1999 Manenberg tornado

Meteorological history
- Formed: c. 4:00 a.m. (UTC) August 29, 1999
- Dissipated: August 29, 1999

F1 tornado
- on the Fujita scale
- Highest winds: 150 km/h (93 mph)

Overall effects
- Fatalities: 5
- Injuries: 200+
- Areas affected: Manenberg, Gugulethu and Nyanga suburbs of Cape Town, South Africa
- Part of the tornado outbreaks of 1999

= 1999 Manenberg tornado =

Tornado that hit Cape Town, South Africa in 1999

The 1999 Manenberg tornado was a rare tornado that occurred in the Cape Town neighborhood of Manenberg, South Africa killing five people on the night of 29 August 1999. The tornado was the result of a storm that swept through a one kilometre path through the city, starting on the Atlantic seaboard and moving east. First over Devil's Peak, then on through the neighborhoods of Mowbray, Claremont, Manenberg, Surrey Estate, Guguletu, ending at Mitchells Plain. The storm reached its peak strength over Maneberg.

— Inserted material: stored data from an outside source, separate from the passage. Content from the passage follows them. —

-- ===== src/Dag.antt =====
-- The DAG runtime of src/hermes_mcp_bridge/v2: its vocabulary, its store of checkpoints and its engine.
pub mod Contract
pub mod Json
pub mod Body
pub mod Store
pub mod Order
pub mod Transform
pub mod Plan
pub mod Validate
pub mod Engine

Wind speeds were recorded reaching over 150 km per hour. The tornado killed five people and injured an additional 220. Over 5,000 residents were left homeless with 40 flats being "totally gutted" and a total of 825 homes being destroyed, effecting 2,800 families. The storm caused additional damage to the nearby community of Gugulethu and Nyanga where roughly 2,000 people were left homeless.

R1 million (roughly equivalent to R2.6 million in 2017) was allocated by City of Cape Town's disaster relief fund for rebuilding.